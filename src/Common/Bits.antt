-- ===== src/Common/Bits.antt =====
-- Bitwise laws at variables: the recursion on the lowest digit, `&` with a mask of ones, and bounds
-- for `|`.
use Prim.Native.Nat.{
  ℕ, zero, suc, ◌+◌, ◌-◌, ◌*◌, ◌/◌, ◌%◌, ◌^◌, ◌≤◌, ◌<◌, min, max, bit_and, bit_or, digits, bitwise,
  bit_and-bitwise, bit_or-bitwise,
}
use mathlib.Core.Path.{◌≡◌, refl, ap, ◌∙◌}
use native.Mathlib.Nat.{
  pow-suc, one-le-pow, div-add-mod, mod-lt, mod-eq_of_lt, mul-add-mod_self_left,
}
use native.Mathlib.Omega.{arith}

-- Any fuel that covers the first argument gives the same digits.
enough_digits :
    (unit : ℕ → ℕ) (op : ℕ → ℕ → ℕ) (f g x y : ℕ)
    → x ≤ f
    → x ≤ g
    → digits unit op f x y ≡ digits unit op g x y
enough_digits unit op zero zero x y hf hg = refl
enough_digits unit op zero (suc g) zero y hf hg = refl
enough_digits unit op zero (suc g) (suc x) y hf hg = absurd (omega arith)
enough_digits unit op (suc f) zero zero y hf hg = refl
enough_digits unit op (suc f) zero (suc x) y hf hg = absurd (omega arith)
enough_digits unit op (suc f) (suc g) zero y hf hg = refl
enough_digits unit op (suc f) (suc g) (suc x) y hf hg =
    rw (enough_digits unit op f g (suc x / 2) (y / 2) (omega arith) (omega arith))

bitwise-digit :
    (unit : ℕ → ℕ) (op : ℕ → ℕ → ℕ) (x y : ℕ)
    → bitwise unit op (suc x) y ≡ bitwise unit op (suc x / 2) (y / 2) * 2 + op (suc x % 2) (y % 2)
bitwise-digit unit op x y =
    omega
      (arith, enough_digits unit op x (suc x / 2) (suc x / 2) (y / 2) (omega arith) (omega arith))

pub bit_and-digit : (x y : ℕ) → bit_and x y ≡ bit_and (x / 2) (y / 2) * 2 + min (x % 2) (y % 2)
bit_and-digit zero y = simp bit_and-bitwise (omega arith)
bit_and-digit (suc x) y = simp bit_and-bitwise (bitwise-digit (λ _. 0) min x y)

pub bit_or-digit : (x y : ℕ) → bit_or x y ≡ bit_or (x / 2) (y / 2) * 2 + max (x % 2) (y % 2)
bit_or-digit zero y = simp bit_or-bitwise (omega arith)
bit_or-digit (suc x) y = simp bit_or-bitwise (bitwise-digit (λ d. d) max x y)

bit_and-zero_fuel : (f x : ℕ) → x ≤ f → bit_and x 0 ≡ 0
bit_and-zero_fuel zero x h = let e : x ≡ 0 = omega arith in rw e refl
bit_and-zero_fuel (suc f) zero h = refl
bit_and-zero_fuel (suc f) (suc x) h =
    omega (arith, bit_and-digit (suc x) 0, bit_and-zero_fuel f (suc x / 2) (omega arith))

-- A remainder by an even number, digit first.
mod-double : (p y : ℕ) → 0 < p → y % (2 * p) ≡ y / 2 % p * 2 + y % 2
mod-double p y h =
    let split : y ≡ 2 * p * (y / 2 / p) + (y / 2 % p * 2 + y % 2) =
      omega (arith, div-add-mod (y / 2) p) in
    let low : y / 2 % p < p = mod-lt (y / 2) h in
    ap (λ n. n % (2 * p)) split
    ∙ mul-add-mod_self_left (2 * p) (y / 2 / p) (y / 2 % p * 2 + y % 2)
    ∙ mod-eq_of_lt (omega arith)

-- `x & (2 ^ k - 1)` is the remainder by `2 ^ k`.
pub bit_and-mask : (k x : ℕ) → bit_and x (2 ^ k - 1) ≡ x % 2 ^ k
bit_and-mask zero x = omega (arith, bit_and-zero_fuel x x (omega arith))
bit_and-mask (suc k) x =
    let p : 1 ≤ 2 ^ k = one-le-pow k 2 (omega arith) in
    let double : 2 ^ suc k ≡ 2 * 2 ^ k = omega (arith, pow-suc 2 k) in
    let halves : (2 * 2 ^ k - 1) / 2 ≡ 2 ^ k - 1 = omega arith in
    bit_and-digit x (2 ^ suc k - 1)
    ∙ rw (double, halves, bit_and-mask k (x / 2), mod-double (2 ^ k) x p) (omega arith)

-- `|` of numbers below a power of two stays below it, and is at least either.
pub bit_or-bounds :
    (k x y : ℕ) → x < 2 ^ k → y < 2 ^ k → (bit_or x y < 2 ^ k) × (x ≤ bit_or x y) × (y ≤ bit_or x y)
bit_or-bounds zero x y hx hy =
    let ex : x ≡ 0 = omega arith in let ey : y ≡ 0 = omega arith in rw (ex, ey) (omega arith)
bit_or-bounds (suc k) x y hx hy = omega (
  arith,
  pow-suc 2 k,
  bit_or-digit x y,
  bit_or-bounds k (x / 2) (y / 2) (omega (arith, pow-suc 2 k)) (omega (arith, pow-suc 2 k)),
)

bit_or-zero_fuel : (f x : ℕ) → x ≤ f → bit_or x 0 ≡ x
bit_or-zero_fuel zero x h = let e : x ≡ 0 = omega arith in rw e refl
bit_or-zero_fuel (suc f) zero h = refl
bit_or-zero_fuel (suc f) (suc x) h =
    omega (arith, bit_or-digit (suc x) 0, bit_or-zero_fuel f (suc x / 2) (omega arith))

-- The digits of the left side from place `k` on stay where the right side has none.
pub bit_or-high :
    (k q x y : ℕ) → x < 2 ^ k → y < 2 ^ k → bit_or (q * 2 ^ k + x) y ≡ q * 2 ^ k + bit_or x y
bit_or-high zero q x y hx hy =
    let ex : x ≡ 0 = omega arith in
    let ey : y ≡ 0 = omega arith in
    rw (ex, ey) (omega (arith, bit_or-zero_fuel (q * 1 + 0) (q * 1 + 0) (omega arith)))
bit_or-high (suc k) q x y hx hy =
    let double : q * 2 ^ suc k ≡ 2 * (q * 2 ^ k) =
      omega (arith, ap (λ (t : ℕ). q * t) (pow-suc 2 k)) in
    let half : (q * 2 ^ suc k + x) / 2 ≡ q * 2 ^ k + x / 2 = omega arith in
    bit_or-digit (q * 2 ^ suc k + x) y
    ∙ rw
        (
          half,
          bit_or-high k q (x / 2) (y / 2) (omega (arith, pow-suc 2 k)) (omega (arith, pow-suc 2 k)),
        )
        (omega (arith, bit_or-digit x y))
■ ■ ■ ■ ■ ■ ■
◆ **Task goal**
Every record must be output again with its wording unchanged.

◆ **Reply to the exercise**
filename src/Common/Bits.antt
-- ===== src/Common/Bits.antt =====
-- Bitwise laws at variables: the recursion on the lowest digit, `&` with a mask of ones, and bounds
-- for `|`.
use Prim.Native.Nat.{
  ℕ, zero, suc, ◌+◌, ◌-◌, ◌*◌, ◌/◌, ◌%◌, ◌^◌, ◌≤◌, ◌<◌, min, max, bit_and, bit_or, digits, bitwise,
  bit_and-bitwise, bit_or-bitwise,
}
use mathlib.Core.Path.{◌≡◌, refl, ap, ◌∙◌}
use native.Mathlib.Nat.{
  pow-suc, one-le-pow, div-add-mod, mod-lt, mod-eq_of_lt, mul-add-mod_self_left,
}
use native.Mathlib.Omega.{arith}

-- Any fuel that covers the first argument gives the same digits.
enough_digits :
    (unit : ℕ → ℕ) (op : ℕ → ℕ → ℕ) (f g x y : ℕ)
    → x ≤ f
    → x ≤ g
    → digits unit op f x y ≡ digits unit op g x y
enough_digits unit op zero zero x y hf hg = refl
enough_digits unit op zero (suc g) zero y hf hg = refl
enough_digits unit op zero (suc g) (suc x) y hf hg = absurd (omega arith)
enough_digits unit op (suc f) zero zero y hf hg = refl
enough_digits unit op (suc f) zero (suc x) y hf hg = absurd (omega arith)
enough_digits unit op (suc f) (suc g) zero y hf hg = refl
enough_digits unit op (suc f) (suc g) (suc x) y hf hg =
    rw (enough_digits unit op f g (suc x / 2) (y / 2) (omega arith) (omega arith))

bitwise-digit :
    (unit : ℕ → ℕ) (op : ℕ → ℕ → ℕ) (x y : ℕ)
    → bitwise unit op (suc x) y ≡ bitwise unit op (suc x / 2) (y / 2) * 2 + op (suc x % 2) (y % 2)
bitwise-digit unit op x y =
    omega
      (arith, enough_digits unit op x (suc x / 2) (suc x / 2) (y / 2) (omega arith) (omega arith))

pub bit_and-digit : (x y : ℕ) → bit_and x y ≡ bit_and (x / 2) (y / 2) * 2 + min (x % 2) (y % 2)
bit_and-digit zero y = simp bit_and-bitwise (omega arith)
bit_and-digit (suc x) y = simp bit_and-bitwise (bitwise-digit (λ _. 0) min x y)

pub bit_or-digit : (x y : ℕ) → bit_or x y ≡ bit_or (x / 2) (y / 2) * 2 + max (x % 2) (y % 2)
bit_or-digit zero y = simp bit_or-bitwise (omega arith)
bit_or-digit (suc x) y = simp bit_or-bitwise (bitwise-digit (λ d. d) max x y)

bit_and-zero_fuel : (f x : ℕ) → x ≤ f → bit_and x 0 ≡ 0
bit_and-zero_fuel zero x h = let e : x ≡ 0 = omega arith in rw e refl
bit_and-zero_fuel (suc f) zero h = refl
bit_and-zero_fuel (suc f) (suc x) h =
    omega (arith, bit_and-digit (suc x) 0, bit_and-zero_fuel f (suc x / 2) (omega arith))

-- A remainder by an even number, digit first.
mod-double : (p y : ℕ) → 0 < p → y % (2 * p) ≡ y / 2 % p * 2 + y % 2
mod-double p y h =
    let split : y ≡ 2 * p * (y / 2 / p) + (y / 2 % p * 2 + y % 2) =
      omega (arith, div-add-mod (y / 2) p) in
    let low : y / 2 % p < p = mod-lt (y / 2) h in
    ap (λ n. n % (2 * p)) split
    ∙ mul-add-mod_self_left (2 * p) (y / 2 / p) (y / 2 % p * 2 + y % 2)
    ∙ mod-eq_of_lt (omega arith)

-- `x & (2 ^ k - 1)` is the remainder by `2 ^ k`.
pub bit_and-mask : (k x : ℕ) → bit_and x (2 ^ k - 1) ≡ x % 2 ^ k
bit_and-mask zero x = omega (arith, bit_and-zero_fuel x x (omega arith))
bit_and-mask (suc k) x =
    let p : 1 ≤ 2 ^ k = one-le-pow k 2 (omega arith) in
    let double : 2 ^ suc k ≡ 2 * 2 ^ k = omega (arith, pow-suc 2 k) in
    let halves : (2 * 2 ^ k - 1) / 2 ≡ 2 ^ k - 1 = omega arith in
    bit_and-digit x (2 ^ suc k - 1)
    ∙ rw (double, halves, bit_and-mask k (x / 2), mod-double (2 ^ k) x p) (omega arith)

-- `|` of numbers below a power of two stays below it, and is at least either.
pub bit_or-bounds :
    (k x y : ℕ) → x < 2 ^ k → y < 2 ^ k → (bit_or x y < 2 ^ k) × (x ≤ bit_or x y) × (y ≤ bit_or x y)
bit_or-bounds zero x y hx hy =
    let ex : x ≡ 0 = omega arith in let ey : y ≡ 0 = omega arith in rw (ex, ey) (omega arith)
bit_or-bounds (suc k) x y hx hy = omega (
  arith,
  pow-suc 2 k,
  bit_or-digit x y,
  bit_or-bounds k (x / 2) (y / 2) (omega (arith, pow-suc 2 k)) (omega (arith, pow-suc 2 k)),
)

bit_or-zero_fuel : (f x : ℕ) → x ≤ f → bit_or x 0 ≡ x
bit_or-zero_fuel zero x h = let e : x ≡ 0 = omega arith in rw e refl
bit_or-zero_fuel (suc f) zero h = refl
bit_or-zero_fuel (suc f) (suc x) h =
    omega (arith, bit_or-digit (suc x) 0, bit_or-zero_fuel f (suc x / 2) (omega arith))

-- The digits of the left side from place `k` on stay where the right side has none.
pub bit_or-high :
    (k q x y : ℕ) → x < 2 ^ k → y < 2 ^ k → bit_or (q * 2 ^ k + x) y ≡ q * 2 ^ k + bit_or x y
bit_or-high zero q x y hx hy =
    let ex : x ≡ 0 = omega arith in
    let ey : y ≡ 0 = omega arith in
    rw (ex, ey) (omega (arith, bit_or-zero_fuel (q * 1 + 0) (q * 1 + 0) (omega arith)))
bit_or-high (suc k) q x y hx hy =
    let double : q * 2 ^ suc k ≡ 2 * (q * 2 ^ k) =
      omega (arith, ap (λ (t : ℕ). q * t) (pow-suc 2 k)) in
    let half : (q * 2 ^ suc k + x) / 2 ≡ q * 2 ^ k + x / 2 = omega arith in
    bit_or-digit (q * 2 ^ suc k + x) y
    ∙ rw
        (
          half,
          bit_or-high k q (x / 2) (y / 2) (omega (arith, pow-suc 2 k)) (omega (arith, pow-suc 2 k)),
        )
        (omega (arith, bit_or-digit x y))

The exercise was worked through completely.